Истерическое убаюкивание Иного, Агония Барто┘
Серафим наслаждался новым томным сверхощущением, что входило инъекцией новых удивительных смыслов в невинные вены его извилин повелевающим шприцом, могучим богатырским фаллосом. Его мозг лопнул бы давно, как шершавый грецкий орешек, если бы Роман не был воином Тьмы, русским бесом, иерофантом Иного.
Он лишь ненадолго забыл о своем предназначении.
┘Верховный иерофант Иного в черном балахоне с капюшоном а-ля Ку-клукс-клан с вышитыми на нем блестящими серебряными звездами восседал на некоем подобии трона, посреди странной архитектуры круглого зала, напоминавшего мосфильмовскую имитацию сатанинского храма, сделанную, правда, излишне старательно, может быть, каким-то темным Юфитом для тщательно-тревожной малобюджетной мути.
Но часто в этой мути, в дебрях экзистенциального хаоса пытливый взгляд Особенного существа быстро улавливает ту явственность, ту конкретность, что обычные существа в приватной своей жизни, будто бы явственной, будто бы конкретной, патологически лишены. Этот пытливый взгляд дан Особенным существам. Еще дан демонам, властителям Тьмы и иногда привидениям. Но не тем привидениям, что пугают ручных, болоночных, по-мещански неглубоко чувствительных барышень или старух в кружевных ночнушках, с крестиком на морщинистом пеньке шеи. Благостное, утробное благоговение перед боженькой придает их лицам что-то овечье-куриное. Это нечто проникает сквозь чахоточные чепчики, сквозь лысоватую седину, сквозь глупый пух кудряшек, сквозь прозрачную кожицу, в черепанцирь, в котором крючится, усыхает страхом, слепнет черепахо-мозг.
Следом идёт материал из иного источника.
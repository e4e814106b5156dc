-- ===== src/Lib.antt =====
-- PowerAPI: a library that lets programs read and set what the power consumption of a machine
-- depends on, and the daemon that it talks to over a local socket.
--
-- A program calls the PWR functions of the client library (pwrapic), which check the status of the
-- library and the arguments, and build a request message that is sent to the daemon (pwrapis). The
-- daemon's socket thread keeps a table of connected clients, puts the requests that it receives into
-- one ring queue and sends the answers that it finds in another. Its service thread takes a request,
-- carries it out and answers it. Settings may be changed by the one client that holds the control
-- authority; data collection tasks run in threads of their own and send what they collect to the
-- clients that subscribe to them.
--
-- Which file models which part (child modules hold parts of it, proofs and tests):
--   Prelude     shared names, Boolean tests, lists with native indices, integers
--   Codes       the return codes of common/inc/pwrerr.h
--   Operations  the operations of common/inc/pwrmsg.h
--   Msg         messages: common/inc/pwrmsg.h, common/src/pwrmsg.c
--   Thread      ThreadInfo and its functions in common/src/pwrmsg.c
--   Buffer      the ring queue: common/inc/pwrbuffer.h, common/src/pwrbuffer.c
--   Clients     the client table: pwrapis/src/pwrclient.c
--   Auth        the control authority: pwrapis/src/comservice.c
--   Tasks       the collection tasks: pwrapis/src/taskservice.c
--   Api         the PWR functions and the status: pwrapic/src/powerapi.c
--   Request     requests and what becomes of their answers: pwrapic/src/sockclient.c, pwrcpu.c,
--               pwrdisk.c, pwrcom.c, pwrtask.c, pwrsys.c, pwrnet.c, pwrusb.c
--   Socket      reading and writing a connection: pwrapis/src/server.c
--   Waiting     the list of requests that wait for an answer: common/src/pwrbuffer.c
--   SockClient  callers and the socket thread of the client library: pwrapic/src/sockclient.c
--   Crc         the checksum: pwrapis/src/utils.c
--   Text        text helpers: pwrapis/src/utils.c
--   CpuUsage    the usage of the processors: pwrapis/src/cpuservice.c
--   Log         the log: pwrapis/src/log.c
--   Files       reading and writing of files: pwrapis/src/utils.c
--   Dirs        making and removing of directories: pwrapis/src/utils.c
--   Disk        the disks: pwrapis/src/diskservice.c
--   CpuService  frequencies and governors: pwrapis/src/cpuservice.c
--   Config      the configuration file and its changes: pwrapis/src/config.c
--   Server      the daemon's tables together, its handlers and its switch: pwrapis/src/server.c,
--               its two threads, the power of the system: pwrapis/src/sysservice.c,
--               what its tasks send: pwrapis/src/taskservice.c, and a request from
--               the client library to the daemon and back
--
-- A function of the source that changes an object is a function from the object to the object
-- afterwards, with its return code first where it returns one, and with what it frees, closes or
-- joins last. The functions keep the names of the source in snake case. A mutex round a body makes
-- the call one step; what malloc, pthread_create, gettimeofday, recv and send answer are arguments.
-- Numbers are naturals, with the remainder written out where a field is narrower than what is stored
-- in it; an interval is an integer. An object that is sent is the list of its bytes; the sizes and the
-- layout of structures, which the compiler decides, are arguments.
--
-- The loop of ResetPwrMsgBuffer runs on fuel, one unit for each slot of the ring, and the loop that
-- sends a long payload on one unit for each of its bytes and one more; both are proved to be enough.
-- ReadMsg and WriteMsg are structural on the answers of the system.
-- The loops over the lines of a file run on fuel, one unit for each byte and one more, which is proved
-- to be enough for a file whose lines fit the buffer.
-- A walk over the list of waiting messages runs on fuel, one unit for each node and one more, which is
-- proved to be enough. The nodes lie in a memory from addresses to nodes; callers that wait, and the
-- thread that hands answers to them, take steps in any order.
--
-- Not modelled: times and regular expressions, which are calls of the system, connecting, and
-- the loop of the client's socket thread. The
-- handlers that read and set system values are an argument of the switch over requests.
pub mod Prelude
pub mod Codes
pub mod Msg
pub mod Buffer
pub mod Clients
pub mod Auth
pub mod Thread
pub mod Tasks
pub mod Api
pub mod Operations
pub mod Request
pub mod Socket
pub mod Server
pub mod Waiting
pub mod SockClient
pub mod Crc
pub mod Text
pub mod CpuService
pub mod Config
pub mod Dirs
pub mod Files
pub mod Disk
pub mod CpuUsage
pub mod Log
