-- ===== src/Codes.antt =====
-- The numbers that both sides of the socket agree on: the return codes of common/inc/pwrerr.h and
-- the operation and message types of common/inc/pwrmsg.h.
use powerapi.Prelude.{ℕ}

-- `enum RtnCode`; a return code is the number itself.
abbrev pub success : ℕ
success = 0

abbrev pub err_common : ℕ
err_common = 1

abbrev pub err_timeout : ℕ
err_timeout = 2

abbrev pub err_sys_exception : ℕ
err_sys_exception = 3

abbrev pub err_answer_longer_than_size : ℕ
err_answer_longer_than_size = 302

abbrev pub err_null_pointer : ℕ
err_null_pointer = 4

abbrev pub err_input_oversize : ℕ
err_input_oversize = 5

abbrev pub err_invalide_param : ℕ
err_invalide_param = 6

abbrev pub err_policy_invalide : ℕ
err_policy_invalide = 8

abbrev pub err_governor_invalide : ℕ
err_governor_invalide = 9

abbrev pub err_freq_not_in_range : ℕ
err_freq_not_in_range = 10

abbrev pub err_callback_function_should_be_set_first : ℕ
err_callback_function_should_be_set_first = 11

abbrev pub err_not_registed : ℕ
err_not_registed = 100

abbrev pub err_not_authed : ℕ
err_not_authed = 101

abbrev pub err_over_max_connection : ℕ
err_over_max_connection = 102

abbrev pub err_disconnected : ℕ
err_disconnected = 300

abbrev pub err_wrong_response_from_server : ℕ
err_wrong_response_from_server = 301

abbrev pub err_task_not_exists : ℕ
err_task_not_exists = 401

abbrev pub err_over_max_task_num : ℕ
err_over_max_task_num = 402

abbrev pub err_control_auth_requested : ℕ
err_control_auth_requested = 403

abbrev pub err_control_auth_ownered_by_others : ℕ
err_control_auth_ownered_by_others = 404

abbrev pub err_modify_ban_update_attr_currently : ℕ
err_modify_ban_update_attr_currently = 12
Серафим видел Ад. А Кэт, его знакомая ведьмочка-Барби, что держала Салон Черной Магии, где собиралась элита черных прогрессивных маргиналов, эта самая Кэт говорила, что видит привидение каждую ночь на протяжении года.
И это был тот год, когда в России должна была свершиться революция.
Привидение появлялось традиционно ровно в 12 часов ночи и устраивало нечто вроде стриптиза.
Под черным балахоном обнаруживался костюм Бэтмена и крылья летучей мыши. Потом Кэт видела голый торс юного наглого накачанного самца и белый треугольник трусиков. Тьму за некростриптизером пронзал кроваво-электрический слоган:
«Трусы ADIDAS –
Садизм для Вас!
Ад – Здесь,
Залазь!
Ад – для Вас!»
Кэт восприняла ситуацию как своеобразное деловое предложение. Она повесила на входной двери надпись «Туристическое агентство».
«Туроператор морга
Долгая дорога в Смерть
Умри дорого!»
Она повесила свою рекламу на готическом сайте и стала ждать.
«Гот всегда готов», – получила она по e-mail’у. И фотография повешенного мальчика в черном. И под ней:
«Буржуй, живущий уныло,
Плати свой прайс за смерть!
А я веревку и мыло
Предпочитаю иметь».
И еще одна подпись:
«Готы-антиглобалисты».
Ночью Кэт ловила мальчика в Вальгалу Влагалища. Он выпадал и выплывал. Мертвый, заплаканный, с лицом Пьеро, он выглядел немного комично. Кэт умилялась, смеялась, затем включила DEAD CAN DANCE, приговаривая: «Не бойся, все будет готично, милый». И вдруг с не свойственной ей, сонной ленивой куколке, дикой звериностью изнасиловала труп. И уснула. А утром наконец стала ведьмой.